Suspected by local Union authorities, General Johnston evaded arrest and with Lewis Armistead joined the Los Angeles Mounted Rifles as a private. Leaving Warner's Ranch on May 27, they journeyed across the southwestern deserts to Texas, crossing the Colorado River into the Confederate Territory of Arizona, on July 4, 1861. The Los Angeles Mounted Rifles disbanded and members joined the Confederate Army shortly after they reached the Confederate Arizona Territorial capital of Mesilla (in what was then part of the United States' New Mexico Territory and is now New Mexico). Like other pro-Confederates leaving California for the Confederacy, the Rifles joined up principally with Texas regiments. However General Johnston joined the fight in the east as a general with the Confederacy and was later killed leading their army at the Battle of Shiloh. Armistead died leading Pickett's Charge at the Battle of Gettysburg.

The only capture of a Confederate flag in California during the Civil War took place on July 4, 1861, in Sacramento. During Independence Day celebrations, secessionist Major George P. Gilliss, an engineer and Mexican War veteran, celebrated the independence of the United States from Britain as well as the southern states from the Union. He unfurled a Confederate flag of his own design and proceeded to march down the street to both the applause and jeers of onlookers. Jack Biderman and Curtis Clark, enraged by Gilliss' actions, accosted him and "captured" the flag. The flag itself is based on the First National flag of the Confederacy, the Stars and Bars. However, the canton contains seventeen stars rather than the Confederate's seven. Because the flag was captured by Jack Biderman, it is often also referred to as the "Biderman Flag".

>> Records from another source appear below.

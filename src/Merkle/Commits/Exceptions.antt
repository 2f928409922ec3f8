-- ===== src/Merkle/Commits/Exceptions.antt =====
-- The exceptions that the parts of a commit can raise: never the one of a stack that is too small.
use zentral.Merkle.Commits.{json_value}
use zentral.Base.{
  Bool, List, Option, String, [], false, find, if◌then◌else◌, none, not, refl, some, ◌&&◌, ◌==◌,
  ◌||◌, ◌∷◌, nat_eq, string_eq, option_eq, bool_eq,
}
use zentral.Merkle.Results.{Fine, Fine-bind, Fine-if, is_ordinary}
use zentral.Merkle.Trees.{Tree, Items, prepare_commit_tree, cleanup_commit_tree}
use zentral.Merkle.Hasher.{Fields, add_field}
use zentral.Merkle.Trees.Nesting.{prepare-Fine, cleanup-Fine, add_field-Fine, AsDeep}
use zentral.Merkle.Objects.{
  Field, Model, Object, Stored, get_mt_field, completed, checked_field, is_excluded, is_set, hash,
  hash_fields, hashed_value, hashed_json, is_true, value_of, mto_fields,
}

module _ (sha1 : String → String) (make_naive : String → String) where
  json-Fine : (t : Tree) → Fine (λ v. Unit) (hashed_json sha1 make_naive t)
  unfolding hashed_json
  json-Fine t =
      Fine-bind (AsDeep t) (λ v. Unit) (prepare_commit_tree sha1 make_naive t) _
        (prepare-Fine sha1 make_naive t) (λ p d. tt)

  hashed_value-Fine :
      (is_json : Bool) (s : Stored) → Fine (λ v. Unit) (hashed_value sha1 make_naive is_json s)
  unfolding hashed_value
  hashed_value-Fine is_json (Stored.scalar t) =
      Fine-if (λ v. Unit) (is_true t && is_json) _ _ (json-Fine t) tt
  hashed_value-Fine is_json (Stored.reference h) = tt
  hashed_value-Fine is_json (Stored.references hs) = tt
  hashed_value-Fine is_json (Stored.json (Tree.dict none Items.end)) = tt
  hashed_value-Fine is_json (Stored.json (Tree.dict none (Items.item k v rest))) = json-Fine _
  hashed_value-Fine is_json (Stored.json (Tree.dict (some h) fields)) = json-Fine _
  hashed_value-Fine is_json (Stored.json Tree.null) = json-Fine _
  hashed_value-Fine is_json (Stored.json Tree.unsupported) = json-Fine _
  hashed_value-Fine is_json (Stored.json (Tree.integer x)) = json-Fine _
  hashed_value-Fine is_json (Stored.json (Tree.naive x)) = json-Fine _
  hashed_value-Fine is_json (Stored.json (Tree.aware x)) = json-Fine _
  hashed_value-Fine is_json (Stored.json (Tree.text x)) = json-Fine _
  hashed_value-Fine is_json (Stored.json (Tree.list x)) = json-Fine _

  hash_fields-Fine :
      (obj : Object) (fs : List Field) (added : Fields)
      → Fine (λ more. Unit) (hash_fields sha1 make_naive obj fs added)
  unfolding hash_fields
  hash_fields-Fine obj [] added = tt
  hash_fields-Fine obj (f ∷ fs) added =
      Fine-bind (λ v. Unit) (λ more. Unit) (hashed_value sha1 make_naive f.is_json (value_of obj f))
        _ (hashed_value-Fine f.is_json (value_of obj f))
        (λ v u.
          Fine-bind (λ more. Unit) (λ more. Unit) (add_field make_naive f.name v added) _
            (add_field-Fine sha1 make_naive f.name v added)
            (λ more w. hash_fields-Fine obj fs more))

  pub hash-Fine :
      (model : Model) (obj : Object) → Fine (λ digest. Unit) (hash sha1 make_naive model obj)
  unfolding hash
  hash-Fine model obj =
      Fine-bind (λ more. Unit) (λ digest. Unit)
        (hash_fields sha1 make_naive obj (mto_fields model) []) _
        (hash_fields-Fine obj (mto_fields model) []) (λ more u. tt)

completed-Fine : (m o : Option Bool) → Fine (λ kinds. Unit) (completed m o)
unfolding is_ordinary
completed-Fine m o =
    Fine-if (λ kinds. Unit) (is_set m && not (o == none)) _ _ refl
      (Fine-if (λ kinds. Unit) (is_set first && not (m == none)) _ _ refl
        (Fine-if (λ kinds. Unit) (is_set first) _ _ tt tt))
  where
    first : Option Bool
    first = if is_set m then some false else o

checked_field-Fine :
    (m o : Option Bool) (found : Option Field) → Fine (λ f. Unit) (checked_field m o found)
unfolding checked_field is_ordinary
checked_field-Fine m o none = refl
checked_field-Fine m o (some f) =
    Fine-if (λ g. Unit) f.auto_created _ _ refl
      (Fine-bind (λ kinds. Unit) (λ g. Unit) (completed m o) _ (completed-Fine m o)
        (λ kinds u.
          Fine-if (λ g. Unit)
            (not (f.many_to_one == kinds.0) || not (f.many_to_many == f.many_to_many)) _ _ refl tt))

pub get_mt_field-Fine :
    (model : Model) (k : String) (m o : Option Bool) → Fine (λ f. Unit) (get_mt_field model k m o)
unfolding get_mt_field is_ordinary
get_mt_field-Fine model k m o =
    Fine-if (λ f. Unit) (is_excluded model k) _ _ refl
      (checked_field-Fine m o (find (λ f. f.name == k) model.fields))

pub json_value-Fine :
    (model : Model) (k : String) (v : Tree) → Fine (λ t. Unit) (json_value model k v)
unfolding json_value is_ordinary
json_value-Fine model k v =
    Fine-bind (λ f. Unit) (λ t. Unit) (get_mt_field model k none none) _
      (get_mt_field-Fine model k none none)
      (λ f u. Fine-if (λ t. Unit) f.is_json (cleanup_commit_tree v) _ (cleanup-Fine v) refl)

California volunteers called up
California (along with Oregon and Kansas) was not included in the initial callup of 75,000 militia due to its vast distance from the rest of the country. It was only later, as he was recalling Federal troops to the east, on July 24, 1861, the Secretary of War called on Governor John G. Downey to furnish one regiment of infantry and five companies of cavalry to guard the overland mail route from Carson City to Salt Lake City. Three weeks later four more regiments of infantry and a regiment of cavalry were requested. All of these were volunteer units recruited and organized in the counties of the northern part of the state, especially around San Francisco Bay region and the mining camps in counties in the foothills of the Sierra Nevada Mountains; few recruits came from the counties of Southern California. These volunteers replaced the regular troops transferred to the east before the end of 1861.

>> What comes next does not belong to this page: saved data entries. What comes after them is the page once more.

-- ===== src/Merkle/Commits/Filling.antt =====
-- The attributes of an object are set without an exception of a stack that is too small.
use zentral.Merkle.Commits.{
  Store, Session, Committer, Draft, lifted, continue, ◌then_do◌, try_field, json_value,
  set_reference, set_json, set_rows, set_scalar, commit_subtrees, fill_dict, fill_list, fill_field,
  fill, commit, items_of, empty_draft,
}
use zentral.Base.{
  List, String, [], and-left, and-right, arith, none, refl, some, suc, true, ℕ, ◌++◌, ◌∷◌, ◌≡◌,
}
use zentral.Merkle.Results.{Error, Result, ok, err, Fine}
use zentral.Merkle.Commits.Exceptions.{get_mt_field-Fine, json_value-Fine}
use zentral.Merkle.Trees.{Tree, Items, Trees}
use zentral.Merkle.Trees.Nesting.{nests_within, fields_nest, subtrees_nest}
use zentral.Merkle.Objects.{Field, Model, get_mt_field}

-- A step returns, or raises an ordinary exception.
abbrev pub Calm : {A : Type 0} → Session A → Type 0
Calm m = (st : Store) → Fine (λ a. Unit) (m st).1

Calm-continue :
    {A B : Type 0} (next : A → Session B) (r : Store × Result A)
    → Fine (λ a. Unit) r.1
    → ((a : A) → Calm (next a))
    → Fine (λ b. Unit) (continue next r).1
Calm-continue next (st, ok a) h k = k a st
Calm-continue next (st, err e) h k = h

pub Calm-then_do :
    {A B : Type 0} (m : Session A) (next : A → Session B)
    → Calm m
    → ((a : A) → Calm (next a))
    → Calm (m then_do next)
Calm-then_do m next h k st = Calm-continue next (m st) (h st) k

pub Calm-lifted :
    {A B : Type 0} (P : A → Type 0) (r : Result A) (next : A → Session B)
    → Fine P r
    → ((a : A) → P a → Calm (next a))
    → Calm (lifted r then_do next)
Calm-lifted P (ok a) next h k st = k a h st
Calm-lifted P (err e) next h k st = h

Calm-try_field :
    {A : Type 0} (r : Result Field) (next : Field → Session A) (other : Session A)
    → Fine (λ f. Unit) r
    → ((f : Field) → Calm (next f))
    → Calm other
    → Calm (try_field r next other)
Calm-try_field (ok f) next other h k o = k f
Calm-try_field (err Error.mto_error) next other h k o = o
Calm-try_field (err Error.hash_mismatch) next other h k o = λ st. h
Calm-try_field (err Error.value_error) next other h k o = λ st. h
Calm-try_field (err Error.assertion_error) next other h k o = λ st. h
Calm-try_field (err Error.attribute_error) next other h k o = λ st. h
Calm-try_field (err Error.type_error) next other h k o = λ st. h
Calm-try_field (err Error.integrity_error) next other h k o = λ st. h
Calm-try_field (err Error.validation_error) next other h k o = λ st. h
Calm-try_field (err Error.recursion_error) next other h k o = λ st. h

module _ (depth : ℕ) (commit : Committer)
    (calm : (name : String) (t : Tree) → nests_within t depth ≡ true → Calm (commit name t)) where
  commit_subtrees-Calm :
      (related : String) (subtrees : Trees) (l : List String)
      → subtrees_nest subtrees depth ≡ true
      → Calm (commit_subtrees commit related subtrees l)
  unfolding commit_subtrees nests_within
  commit_subtrees-Calm related Trees.nil l n = λ st. tt
  commit_subtrees-Calm related (Trees.cons t rest) l n =
      Calm-then_do (commit related t)
        (λ o. commit_subtrees commit related rest (l ++ (o.0.mt_hash ∷ [])))
        (calm related t (and-left _ _ n))
        (λ o. commit_subtrees-Calm related rest (l ++ (o.0.mt_hash ∷ [])) (and-right _ _ n))

  plain-Calm :
      (model : Model) (k : String) (v : Tree) (draft : Draft)
      → Calm (lifted (get_mt_field model k none none) then_do set_scalar k v draft)
  plain-Calm model k v draft =
      Calm-lifted (λ f. Unit) (get_mt_field model k none none) (set_scalar k v draft)
        (get_mt_field-Fine model k none none) (λ f u st. tt)

  fill_field-Calm :
      (model : Model) (k : String) (v : Tree) (draft : Draft)
      → nests_within v depth ≡ true
      → Calm (fill_field commit model k v draft)
  unfolding fill_field fill_dict fill_list nests_within
  fill_field-Calm model k (Tree.dict h fields) draft n =
      Calm-try_field (get_mt_field model k (some true) none)
        (λ f. commit f.related_model (Tree.dict h fields) then_do set_reference k draft)
        (lifted (json_value model k (Tree.dict h fields)) then_do set_json k draft)
        (get_mt_field-Fine model k (some true) none)
        (λ f.
          Calm-then_do (commit f.related_model (Tree.dict h fields)) (set_reference k draft)
            (calm f.related_model (Tree.dict h fields) n) (λ o st. tt))
        (Calm-lifted (λ t. Unit) (json_value model k (Tree.dict h fields)) (set_json k draft)
          (json_value-Fine model k (Tree.dict h fields)) (λ t u st. tt))
  fill_field-Calm model k (Tree.list subtrees) draft n =
      Calm-lifted (λ f. Unit) (get_mt_field model k none (some true))
        (λ f. commit_subtrees commit f.related_model subtrees [] then_do set_rows k draft)
        (get_mt_field-Fine model k none (some true))
        (λ f u.
          Calm-then_do (commit_subtrees commit f.related_model subtrees []) (set_rows k draft)
            (commit_subtrees-Calm f.related_model subtrees [] n) (λ l st. tt))
  fill_field-Calm model k Tree.null draft n = plain-Calm model k Tree.null draft
  fill_field-Calm model k Tree.unsupported draft n = plain-Calm model k Tree.unsupported draft
  fill_field-Calm model k (Tree.integer t) draft n = plain-Calm model k (Tree.integer t) draft
  fill_field-Calm model k (Tree.naive t) draft n = plain-Calm model k (Tree.naive t) draft
  fill_field-Calm model k (Tree.aware t) draft n = plain-Calm model k (Tree.aware t) draft
  fill_field-Calm model k (Tree.text t) draft n = plain-Calm model k (Tree.text t) draft

  fill-Calm :
      (model : Model) (fields : Items) (draft : Draft)
      → fields_nest fields depth ≡ true
      → Calm (fill commit model fields draft)
  unfolding fill nests_within
  fill-Calm model Items.end draft n = λ st. tt
  fill-Calm model (Items.item k v rest) draft n =
      Calm-then_do (fill_field commit model k v draft) (fill commit model rest)
        (fill_field-Calm model k v draft (and-left _ _ n))
        (λ d. fill-Calm model rest d (and-right _ _ n))

  pub items_of-Calm :
      (model : Model) (p : Tree)
      → nests_within p (suc depth) ≡ true
      → Calm (fill commit model (items_of p) empty_draft)
  unfolding nests_within
  items_of-Calm model (Tree.dict h fields) n = fill-Calm model fields empty_draft n
  items_of-Calm model Tree.null n = fill-Calm model Items.end empty_draft refl
  items_of-Calm model Tree.unsupported n = fill-Calm model Items.end empty_draft refl
  items_of-Calm model (Tree.integer t) n = fill-Calm model Items.end empty_draft refl
  items_of-Calm model (Tree.naive t) n = fill-Calm model Items.end empty_draft refl
  items_of-Calm model (Tree.aware t) n = fill-Calm model Items.end empty_draft refl
  items_of-Calm model (Tree.text t) n = fill-Calm model Items.end empty_draft refl
  items_of-Calm model (Tree.list t) n = fill-Calm model Items.end empty_draft refl

pub no_items-Calm :
    (commit : Committer) (model : Model) (p : Tree)
    → nests_within p 0 ≡ true
    → Calm (fill commit model (items_of p) empty_draft)
unfolding nests_within fill
no_items-Calm commit model (Tree.dict h fields) n = absurd (ground arith)
no_items-Calm commit model Tree.null n = λ st. tt
no_items-Calm commit model Tree.unsupported n = λ st. tt
no_items-Calm commit model (Tree.integer t) n = λ st. tt
no_items-Calm commit model (Tree.naive t) n = λ st. tt
no_items-Calm commit model (Tree.aware t) n = λ st. tt
no_items-Calm commit model (Tree.text t) n = λ st. tt
no_items-Calm commit model (Tree.list t) n = λ st. tt
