-- ===== src/Merkle/Commits/Depth.antt =====
-- How many calls of `commit` stand inside each other.
use zentral.Merkle.Commits.{
  raise, Store, Session, Environment, Committer, Draft, lifted, ◌then_do◌, found_or, fill, verdict,
  checked, save_object, save_draft, commit_prepared, commit, items_of, empty_draft, drafted, get,
  is_there,
}
use zentral.Base.{
  Bool, Option, String, false, if◌then◌else◌, inl, inr, none, not, refl, some, suc, true, zero, ℕ,
  ◌==◌, ◌||◌, ◌≡◌, ◌⊎◌, nat_eq, string_eq, option_eq, bool_eq,
}
use zentral.Merkle.Results.{Error, Result, ok, err, Fine, Fine-if, is_ordinary}
use zentral.Merkle.Commits.Exceptions.{hash-Fine}
use zentral.Merkle.Commits.Filling.{Calm, Calm-then_do, Calm-lifted, items_of-Calm, no_items-Calm}
use zentral.Merkle.Trees.{Tree, prepare_commit_tree, hash_text}
use zentral.Merkle.Trees.Nesting.{nests_within, prepare-Fine, AsDeep}
use zentral.Merkle.Objects.{Object, hash}

module _ (env : Environment) where
  checked-Calm : (model : String) (obj : Object) → Calm (checked env model obj)
  unfolding checked verdict is_ordinary
  checked-Calm model obj =
      Calm-lifted (λ digest. Unit) (hash env.sha1 env.make_naive (env.models model) obj)
        (verdict obj) (hash-Fine env.sha1 env.make_naive (env.models model) obj)
        (λ digest u st. Fine-if (λ o. Unit) (digest == obj.mt_hash) _ _ tt refl)

  by_conflict :
      (found : Option Object) (violates clean : Bool) (now : Store)
      (r : Store × Result (Object × Bool))
      → Fine (λ o. Unit) r.1
      → Fine
          (λ o. Unit)
          (if is_there found || violates
            then found_or found (raise Error.integrity_error) now
            else if not clean
            then (now, err Error.validation_error)
            else r).1
  unfolding is_ordinary
  by_conflict (some obj) violates clean now r h = tt
  by_conflict none true clean now r h = refl
  by_conflict none false true now r h = h
  by_conflict none false false now r h = refl

  save_draft-Calm : (model h : String) (draft : Draft) → Calm (save_draft env model h draft)
  unfolding save_draft save_object
  save_draft-Calm model h draft st =
      by_conflict (get model h (env.meanwhile st)) (env.violates model (drafted h draft))
        (env.full_clean model (drafted h draft)) (env.meanwhile st) _
        (checked-Calm model (drafted h draft) _)

  found_or-Calm :
      (found : Option Object) (next : Session (Object × Bool)) (st : Store)
      → Fine (λ o. Unit) (next st).1
      → Fine (λ o. Unit) (found_or found next st).1
  found_or-Calm (some obj) next st h = tt
  found_or-Calm none next st h = h

  prepared-Calm :
      (depth : ℕ) (commit : Committer) (model : String) (tree : Tree)
      → ((p : Tree)
          → nests_within p depth ≡ true
          → Calm (fill commit (env.models model) (items_of p) empty_draft))
      → nests_within tree depth ≡ true
      → Calm (
          lifted (prepare_commit_tree env.sha1 env.make_naive tree)
          then_do commit_prepared env commit model)
  unfolding commit_prepared
  prepared-Calm depth commit model tree filled n =
      Calm-lifted (AsDeep tree) (prepare_commit_tree env.sha1 env.make_naive tree)
        (commit_prepared env commit model) (prepare-Fine env.sha1 env.make_naive tree)
        (λ p deep st. found_or-Calm (get model (hash_text p) st) _ st (
          Calm-then_do (fill commit (env.models model) (items_of p) empty_draft)
            (save_draft env model (hash_text p)) (filled p (deep depth n))
            (λ draft. save_draft-Calm model (hash_text p) draft) st))

  commit-Calm :
      (depth : ℕ) (model : String) (tree : Tree)
      → nests_within tree depth ≡ true
      → Calm (commit env (suc depth) model tree)
  unfolding commit
  commit-Calm zero model tree n =
      prepared-Calm zero (commit env zero) model tree
        (no_items-Calm (commit env zero) (env.models model)) n
  commit-Calm (suc depth) model tree n =
      prepared-Calm (suc depth) (commit env (suc depth)) model tree
        (items_of-Calm depth (commit env (suc depth)) (λ name t m. commit-Calm depth name t m)
          (env.models model))
        n

  -- A stack with room for one call more than dictionaries are nested in the tree is enough: the commit
  -- returns an object, or raises another exception than the one of a stack that is too small.
  pub commit_ends :
      (depth : ℕ) (model : String) (tree : Tree) (st : Store)
      → nests_within tree depth ≡ true
      → ((obj : Object) × ((created : Bool) × ((commit env (suc depth) model tree st).1
              ≡ ok (obj, created))))
        ⊎ ((e : Error) × (((commit env (suc depth) model tree st).1 ≡ err e)
              × (is_ordinary e ≡ true)))
  commit_ends depth model tree st n =
      by_result (commit env (suc depth) model tree st).1 (commit-Calm depth model tree n st)
    where
      by_result :
          (r : Result (Object × Bool))
          → Fine (λ o. Unit) r
          → ((obj : Object) × ((created : Bool) × (r ≡ ok (obj, created))))
            ⊎ ((e : Error) × ((r ≡ err e) × (is_ordinary e ≡ true)))
      by_result (ok (obj, created)) h = inl (obj, (created, refl))
      by_result (err e) h = inr (e, (refl, h))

Turmoil in Southern California
Charged with all the supervision of Los Angeles, San Bernardino, San Diego, and Santa Barbara Counties, on August 14, 1861, Major William Scott Ketchum steamed from San Francisco to San Pedro and made a rapid march to encamp near San Bernardino on August 26 and with Companies D and G of the 4th Infantry Regiment later reinforced at the beginning of September by a detachment of ninety First U.S. Dragoons and a howitzer. Except for frequent sniping at his camp, Ketchum's garrison stifled any secessionist uprising from Belleville and a show of force by the Dragoons in the streets of San Bernardino at the end of election day quelled a secessionist political demonstration during the September gubernatorial elections in San Bernardino County.

Thereafter, with the Democrats split over the war, the first Republican governor of California, Leland Stanford, was elected on September 4, 1861.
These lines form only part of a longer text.